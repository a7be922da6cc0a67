-- ===== src/Grpc/Frames.antt =====
-- `parse_grpc_frames`, `decode_grpc_payload` and `grpc_view`.
use eggreplay.Prelude.{length}
use eggreplay.Prelude.{
  Bool, List, Option, Result, [], drop, err, false, if◌then◌else◌, ltb, map, none, ok, ok_or,
  reject_if, some, suc, take, true, zero, ℕ, ◌%◌, ◌*◌, ◌+◌, ◌==◌, ◌||◌, ◌∷◌, nat_eq, list_eq,
  option_eq, pair_eq, ◌>>◌, ◌>>=◌,
}
use eggreplay.Bytes.{Bytes, codes, strip_prefix}

abbrev pub grpc_max_body_bytes : ℕ
grpc_max_body_bytes = 16 * 1024 * 1024

abbrev pub grpc_max_frames : ℕ
grpc_max_frames = 4096

abbrev pub grpc_max_descriptor_bytes : ℕ
grpc_max_descriptor_bytes = 1024 * 1024

pub data GrpcError : Type 0 where
  too_large too_many_frames truncated overrun trailing_bytes descriptor_too_large : GrpcError
  descriptor_invalid unknown_message decode json : Bytes → GrpcError

pub record GrpcFrame : Type 0 where
  pub index : ℕ
  pub compressed : Bool
  pub length : ℕ
  pub payload : Bytes

-- `is_grpc_content_type`
unfoldable pub is_grpc_content_type : Option Bytes → Bool
is_grpc_content_type none = false
is_grpc_content_type (some value) =
    value == codes "application/grpc"
    || elim (strip_prefix (codes "application/grpc+") value) [ none ↦ false | some r ↦ true ]

-- `u32::from_be_bytes`
abbrev pub from_be_bytes : ℕ → ℕ → ℕ → ℕ → ℕ
from_be_bytes a b c d = 16777216 * a + 65536 * b + 256 * c + d

-- What follows the envelope of the frame at `index`: its payload, and the loop on what is left.
unfoldable pub take_payload :
    (Bytes → Result (List GrpcFrame) GrpcError)
    → ℕ
    → Bool
    → ℕ
    → Bytes
    → Result (List GrpcFrame) GrpcError
take_payload next index compressed size rest = if ltb (length rest) size then err overrun else do
  frames ← next (drop size rest)
  ok (
      (record { index = index; compressed = compressed; length = size; payload = take size rest })
      ∷ frames)

-- The loop from an offset: `room` is `GRPC_MAX_FRAMES - frames.len()`, and the body from the offset on
-- is the last argument. The sum of an offset and a length cannot overflow, since the body is below
-- 16 MiB. The loop ends only where nothing is left, so `TrailingBytes` is not returned.
unfoldable pub parse_frames : ℕ → ℕ → Bytes → Result (List GrpcFrame) GrpcError
unfolding take_payload
parse_frames room index [] = ok []
parse_frames zero index (flags ∷ rest) = err too_many_frames
parse_frames (suc room) index (flags ∷ a ∷ b ∷ c ∷ d ∷ rest) =
    take_payload (parse_frames room (suc index)) index (flags % 2 == 1) (from_be_bytes a b c d) rest
parse_frames (suc room) index _ = err truncated

-- `parse_grpc_frames`
unfoldable pub parse_grpc_frames : Bytes → Result (List GrpcFrame) GrpcError
parse_grpc_frames body =
    if ltb grpc_max_body_bytes (length body)
    then err too_large
    else parse_frames grpc_max_frames 0 body

-- What the prost crates provide: descriptor pools and dynamic messages.
pub record Protobuf : Type 1 where
  pub Pool : Type 0
  pub Descriptor : Type 0
  pub Json : Type 0
  pub decode_pool : Bytes → Option Pool
  pub get_message : Pool → Bytes → Option Descriptor
  pub decode_message : Descriptor → Bytes → Option Json

pub record GrpcMessageView (Json : Type 0) : Type 0 where
  pub index : ℕ
  pub compressed : Bool
  pub length : ℕ
  pub decoded : Option Json

module _ (pb : Protobuf) where
  open pb use {Json, decode_pool, get_message, decode_message}

  -- `decode_grpc_payload`; the texts of the errors of the crates are left out.
  unfoldable pub decode_grpc_payload : Bytes → Bytes → Bytes → Result Json GrpcError
  decode_grpc_payload payload descriptor_set message_name = do
    reject_if (ltb grpc_max_descriptor_bytes (length descriptor_set)) descriptor_too_large
    reject_if (ltb grpc_max_body_bytes (length payload)) too_large
    pool ← ok_or (decode_pool descriptor_set) (descriptor_invalid [])
    descriptor ← ok_or (get_message pool message_name) (unknown_message message_name)
    ok_or (decode_message descriptor payload) (decode [])

  discard_error : Result Json GrpcError → Option Json
  discard_error (ok v) = some v
  discard_error (err e) = none

  view_frame : Option (Bytes × Bytes) → GrpcFrame → GrpcMessageView Json
  unfolding discard_error
  view_frame descriptor f = record {
    index = f.index;
    compressed = f.compressed;
    length = f.length;
    decoded = elim descriptor [
      | none ↦ none
      | some (set, name) ↦
          if f.compressed then none else discard_error (decode_grpc_payload f.payload set name)
    ];
  }

  -- The messages of `grpc_view`.
  unfoldable pub grpc_view_messages :
      Bytes → Option (Bytes × Bytes) → Result (List (GrpcMessageView Json)) GrpcError
  unfolding view_frame
  grpc_view_messages body descriptor = do
    frames ← parse_grpc_frames body
    ok (map (view_frame descriptor) frames)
━━━━
Set down, exactly as they appear above, all lines from the one that has "pub record Protobuf : Type 1 where" down to the one that has "are left out.", including those two and no others.

**YOUR RESPONSE:**
pub record Protobuf : Type 1 where
  pub Pool : Type 0
  pub Descriptor : Type 0
  pub Json : Type 0
  pub decode_pool : Bytes → Option Pool
  pub get_message : Pool → Bytes → Option Descriptor
  pub decode_message : Descriptor → Bytes → Option Json

pub record GrpcMessageView (Json : Type 0) : Type 0 where
  pub index : ℕ
  pub compressed : Bool
  pub length : ℕ
  pub decoded : Option Json

module _ (pb : Protobuf) where
  open pb use {Json, decode_pool, get_message, decode_message}

  -- `decode_grpc_payload`; the texts of the errors of the crates are left out.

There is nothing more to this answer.